_TASK TO COMPLETE_
Whichever lines of the entries hold the word "target" should be identified and copied.

[Stored items]
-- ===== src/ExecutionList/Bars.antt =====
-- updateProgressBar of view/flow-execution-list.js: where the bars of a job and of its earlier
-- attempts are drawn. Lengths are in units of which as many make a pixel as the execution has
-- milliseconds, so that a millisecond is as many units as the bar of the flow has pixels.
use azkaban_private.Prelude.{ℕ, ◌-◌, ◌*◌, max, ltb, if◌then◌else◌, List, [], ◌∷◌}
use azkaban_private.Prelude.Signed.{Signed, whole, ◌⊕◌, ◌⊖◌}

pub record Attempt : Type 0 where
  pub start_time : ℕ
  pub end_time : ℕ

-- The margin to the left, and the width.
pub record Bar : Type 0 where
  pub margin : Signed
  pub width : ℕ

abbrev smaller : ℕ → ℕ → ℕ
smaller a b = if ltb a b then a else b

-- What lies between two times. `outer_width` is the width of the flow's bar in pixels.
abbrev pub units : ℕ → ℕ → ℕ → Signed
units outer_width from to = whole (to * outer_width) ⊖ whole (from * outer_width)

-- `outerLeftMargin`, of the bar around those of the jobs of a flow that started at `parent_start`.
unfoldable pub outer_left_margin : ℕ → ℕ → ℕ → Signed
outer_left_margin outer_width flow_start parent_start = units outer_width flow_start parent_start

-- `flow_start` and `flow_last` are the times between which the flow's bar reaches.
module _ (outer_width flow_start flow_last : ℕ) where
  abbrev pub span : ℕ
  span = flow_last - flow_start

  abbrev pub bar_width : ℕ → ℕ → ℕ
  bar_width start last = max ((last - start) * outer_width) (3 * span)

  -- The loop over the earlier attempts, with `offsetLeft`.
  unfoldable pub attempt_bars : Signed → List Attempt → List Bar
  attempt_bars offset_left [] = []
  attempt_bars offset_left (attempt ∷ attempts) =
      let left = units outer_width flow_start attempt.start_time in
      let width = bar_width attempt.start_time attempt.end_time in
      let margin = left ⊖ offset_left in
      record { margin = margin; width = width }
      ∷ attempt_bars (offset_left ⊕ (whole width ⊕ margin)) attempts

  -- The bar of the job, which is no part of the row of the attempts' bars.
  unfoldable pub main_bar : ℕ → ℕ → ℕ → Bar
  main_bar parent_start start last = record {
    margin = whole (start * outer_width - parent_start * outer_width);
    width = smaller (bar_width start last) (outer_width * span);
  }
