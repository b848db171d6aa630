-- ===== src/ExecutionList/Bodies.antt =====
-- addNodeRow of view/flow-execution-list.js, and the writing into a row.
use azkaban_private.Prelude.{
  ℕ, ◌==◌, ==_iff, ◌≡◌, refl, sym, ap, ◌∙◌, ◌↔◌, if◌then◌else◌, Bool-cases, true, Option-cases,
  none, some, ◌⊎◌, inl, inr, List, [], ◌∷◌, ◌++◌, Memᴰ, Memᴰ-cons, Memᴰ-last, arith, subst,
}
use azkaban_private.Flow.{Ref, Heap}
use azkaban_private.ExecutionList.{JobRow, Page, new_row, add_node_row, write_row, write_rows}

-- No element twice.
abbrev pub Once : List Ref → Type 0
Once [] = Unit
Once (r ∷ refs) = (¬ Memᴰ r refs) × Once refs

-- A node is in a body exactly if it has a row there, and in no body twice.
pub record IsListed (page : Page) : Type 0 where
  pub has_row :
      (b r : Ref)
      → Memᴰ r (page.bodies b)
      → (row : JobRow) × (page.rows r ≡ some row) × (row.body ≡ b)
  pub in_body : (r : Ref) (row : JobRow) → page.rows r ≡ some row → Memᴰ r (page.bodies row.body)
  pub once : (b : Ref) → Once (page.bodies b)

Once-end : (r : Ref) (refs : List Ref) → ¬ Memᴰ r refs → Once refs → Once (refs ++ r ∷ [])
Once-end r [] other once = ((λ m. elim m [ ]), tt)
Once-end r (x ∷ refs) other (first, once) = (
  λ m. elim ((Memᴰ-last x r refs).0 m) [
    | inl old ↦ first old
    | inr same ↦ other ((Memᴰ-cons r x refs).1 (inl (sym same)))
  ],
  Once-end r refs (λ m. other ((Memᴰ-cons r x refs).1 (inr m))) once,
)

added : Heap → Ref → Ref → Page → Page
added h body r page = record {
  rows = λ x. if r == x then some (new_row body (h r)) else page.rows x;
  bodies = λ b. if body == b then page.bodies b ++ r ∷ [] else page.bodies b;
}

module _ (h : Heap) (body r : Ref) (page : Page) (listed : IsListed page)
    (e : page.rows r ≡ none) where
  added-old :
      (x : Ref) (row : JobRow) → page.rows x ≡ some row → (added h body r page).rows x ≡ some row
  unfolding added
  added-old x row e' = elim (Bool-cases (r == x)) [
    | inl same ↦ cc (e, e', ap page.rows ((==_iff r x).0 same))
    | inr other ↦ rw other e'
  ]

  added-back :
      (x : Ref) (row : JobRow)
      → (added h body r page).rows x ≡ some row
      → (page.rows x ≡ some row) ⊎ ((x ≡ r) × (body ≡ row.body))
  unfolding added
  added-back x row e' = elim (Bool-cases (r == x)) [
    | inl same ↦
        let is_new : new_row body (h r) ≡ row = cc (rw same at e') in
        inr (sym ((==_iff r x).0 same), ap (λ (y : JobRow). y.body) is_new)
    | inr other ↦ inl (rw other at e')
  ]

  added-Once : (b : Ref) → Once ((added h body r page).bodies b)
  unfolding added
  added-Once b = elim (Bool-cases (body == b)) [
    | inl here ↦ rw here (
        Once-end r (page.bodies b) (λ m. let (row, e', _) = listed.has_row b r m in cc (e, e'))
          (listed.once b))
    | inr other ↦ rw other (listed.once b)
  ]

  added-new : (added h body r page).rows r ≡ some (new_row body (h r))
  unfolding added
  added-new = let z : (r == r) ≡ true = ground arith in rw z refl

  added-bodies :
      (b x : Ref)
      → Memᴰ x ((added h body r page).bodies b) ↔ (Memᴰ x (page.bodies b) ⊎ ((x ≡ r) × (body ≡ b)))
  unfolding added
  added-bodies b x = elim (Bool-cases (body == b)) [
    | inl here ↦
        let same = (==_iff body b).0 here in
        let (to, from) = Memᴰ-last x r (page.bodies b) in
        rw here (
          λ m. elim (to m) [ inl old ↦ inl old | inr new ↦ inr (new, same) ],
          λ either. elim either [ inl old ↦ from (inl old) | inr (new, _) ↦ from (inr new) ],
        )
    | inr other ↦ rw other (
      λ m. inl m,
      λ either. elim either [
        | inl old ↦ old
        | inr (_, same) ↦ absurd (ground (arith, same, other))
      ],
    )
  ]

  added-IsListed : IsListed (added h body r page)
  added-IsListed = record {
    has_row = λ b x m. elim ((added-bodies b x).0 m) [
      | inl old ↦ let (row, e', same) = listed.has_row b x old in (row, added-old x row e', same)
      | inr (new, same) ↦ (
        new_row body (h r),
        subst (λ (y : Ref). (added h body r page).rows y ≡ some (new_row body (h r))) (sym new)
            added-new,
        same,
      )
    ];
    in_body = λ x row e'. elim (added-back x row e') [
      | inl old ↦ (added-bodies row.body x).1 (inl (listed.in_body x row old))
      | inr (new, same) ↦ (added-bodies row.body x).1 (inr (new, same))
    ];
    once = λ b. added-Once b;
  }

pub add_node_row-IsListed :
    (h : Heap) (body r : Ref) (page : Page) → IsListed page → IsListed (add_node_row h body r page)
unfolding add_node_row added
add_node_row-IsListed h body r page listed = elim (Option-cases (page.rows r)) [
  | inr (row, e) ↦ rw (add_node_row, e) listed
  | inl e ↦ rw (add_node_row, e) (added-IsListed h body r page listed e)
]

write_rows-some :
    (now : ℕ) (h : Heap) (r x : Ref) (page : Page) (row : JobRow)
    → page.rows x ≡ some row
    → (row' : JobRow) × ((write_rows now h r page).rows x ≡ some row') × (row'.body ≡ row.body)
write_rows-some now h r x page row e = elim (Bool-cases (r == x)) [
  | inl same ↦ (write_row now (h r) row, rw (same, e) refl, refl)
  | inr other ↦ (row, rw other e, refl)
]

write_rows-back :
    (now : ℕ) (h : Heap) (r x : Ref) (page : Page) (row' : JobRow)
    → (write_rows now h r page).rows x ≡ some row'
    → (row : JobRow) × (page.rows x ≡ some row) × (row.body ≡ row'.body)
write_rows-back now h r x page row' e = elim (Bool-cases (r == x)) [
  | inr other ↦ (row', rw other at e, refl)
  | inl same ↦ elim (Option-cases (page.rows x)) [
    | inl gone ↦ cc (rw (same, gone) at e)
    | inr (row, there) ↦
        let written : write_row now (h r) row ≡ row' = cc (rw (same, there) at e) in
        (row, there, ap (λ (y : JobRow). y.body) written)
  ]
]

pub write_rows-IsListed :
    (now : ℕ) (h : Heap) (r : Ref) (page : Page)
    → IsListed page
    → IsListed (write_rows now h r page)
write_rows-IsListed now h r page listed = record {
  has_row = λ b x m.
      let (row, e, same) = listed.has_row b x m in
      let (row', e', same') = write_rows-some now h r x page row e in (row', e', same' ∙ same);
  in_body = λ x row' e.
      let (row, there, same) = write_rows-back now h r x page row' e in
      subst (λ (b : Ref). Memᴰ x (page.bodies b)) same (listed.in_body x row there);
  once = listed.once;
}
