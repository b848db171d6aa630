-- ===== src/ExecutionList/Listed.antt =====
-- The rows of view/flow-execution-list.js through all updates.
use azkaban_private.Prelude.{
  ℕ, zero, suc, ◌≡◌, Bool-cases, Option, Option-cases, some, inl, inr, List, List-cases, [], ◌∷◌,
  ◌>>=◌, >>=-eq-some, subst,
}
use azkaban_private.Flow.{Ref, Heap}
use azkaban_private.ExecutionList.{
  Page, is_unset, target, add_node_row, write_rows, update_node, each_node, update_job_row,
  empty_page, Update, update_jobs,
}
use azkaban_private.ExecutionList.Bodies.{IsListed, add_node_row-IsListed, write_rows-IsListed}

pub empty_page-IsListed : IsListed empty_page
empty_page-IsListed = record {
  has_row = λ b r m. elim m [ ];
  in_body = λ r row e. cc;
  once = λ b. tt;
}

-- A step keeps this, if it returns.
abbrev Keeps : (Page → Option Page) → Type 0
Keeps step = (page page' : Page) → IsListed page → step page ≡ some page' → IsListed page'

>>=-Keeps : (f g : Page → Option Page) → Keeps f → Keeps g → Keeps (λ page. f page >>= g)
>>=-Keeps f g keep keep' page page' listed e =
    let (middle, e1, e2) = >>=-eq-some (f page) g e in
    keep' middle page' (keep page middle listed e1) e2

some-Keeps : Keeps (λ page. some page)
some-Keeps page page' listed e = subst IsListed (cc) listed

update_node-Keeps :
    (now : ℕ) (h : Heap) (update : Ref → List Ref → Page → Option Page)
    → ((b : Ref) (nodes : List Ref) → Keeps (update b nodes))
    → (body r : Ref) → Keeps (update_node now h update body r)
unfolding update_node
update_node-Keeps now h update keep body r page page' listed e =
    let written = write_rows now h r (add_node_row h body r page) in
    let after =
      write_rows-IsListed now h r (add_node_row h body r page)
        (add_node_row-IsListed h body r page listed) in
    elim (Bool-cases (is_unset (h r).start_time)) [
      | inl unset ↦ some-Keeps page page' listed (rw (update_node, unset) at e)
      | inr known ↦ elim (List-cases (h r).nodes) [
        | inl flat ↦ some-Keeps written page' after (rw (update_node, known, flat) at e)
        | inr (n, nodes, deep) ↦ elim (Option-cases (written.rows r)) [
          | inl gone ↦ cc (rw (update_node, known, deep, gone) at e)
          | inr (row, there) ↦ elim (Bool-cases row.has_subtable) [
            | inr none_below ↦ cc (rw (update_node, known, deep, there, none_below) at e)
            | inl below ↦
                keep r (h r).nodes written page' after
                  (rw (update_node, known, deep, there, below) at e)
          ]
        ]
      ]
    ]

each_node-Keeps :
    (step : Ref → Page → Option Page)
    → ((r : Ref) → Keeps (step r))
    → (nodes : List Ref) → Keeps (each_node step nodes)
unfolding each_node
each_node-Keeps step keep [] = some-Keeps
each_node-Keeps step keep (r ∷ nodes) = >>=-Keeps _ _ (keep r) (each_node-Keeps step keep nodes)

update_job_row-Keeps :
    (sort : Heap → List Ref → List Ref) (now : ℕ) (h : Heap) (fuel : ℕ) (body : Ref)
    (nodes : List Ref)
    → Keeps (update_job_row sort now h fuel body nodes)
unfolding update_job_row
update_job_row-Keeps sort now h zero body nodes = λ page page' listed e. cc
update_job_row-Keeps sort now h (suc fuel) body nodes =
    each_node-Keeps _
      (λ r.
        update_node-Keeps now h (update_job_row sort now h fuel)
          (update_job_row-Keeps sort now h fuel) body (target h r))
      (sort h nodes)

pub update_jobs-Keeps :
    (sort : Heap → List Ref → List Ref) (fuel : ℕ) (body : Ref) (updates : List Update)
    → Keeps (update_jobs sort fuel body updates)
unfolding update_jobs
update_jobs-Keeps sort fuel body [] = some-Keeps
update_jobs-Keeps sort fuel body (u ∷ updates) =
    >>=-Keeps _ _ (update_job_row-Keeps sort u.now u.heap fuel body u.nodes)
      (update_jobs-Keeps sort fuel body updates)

_TASK ANSWER_
  Page, is_unset, target, add_node_row, write_rows, update_node, each_node, update_job_row,
          (update_job_row-Keeps sort now h fuel) body (target h r))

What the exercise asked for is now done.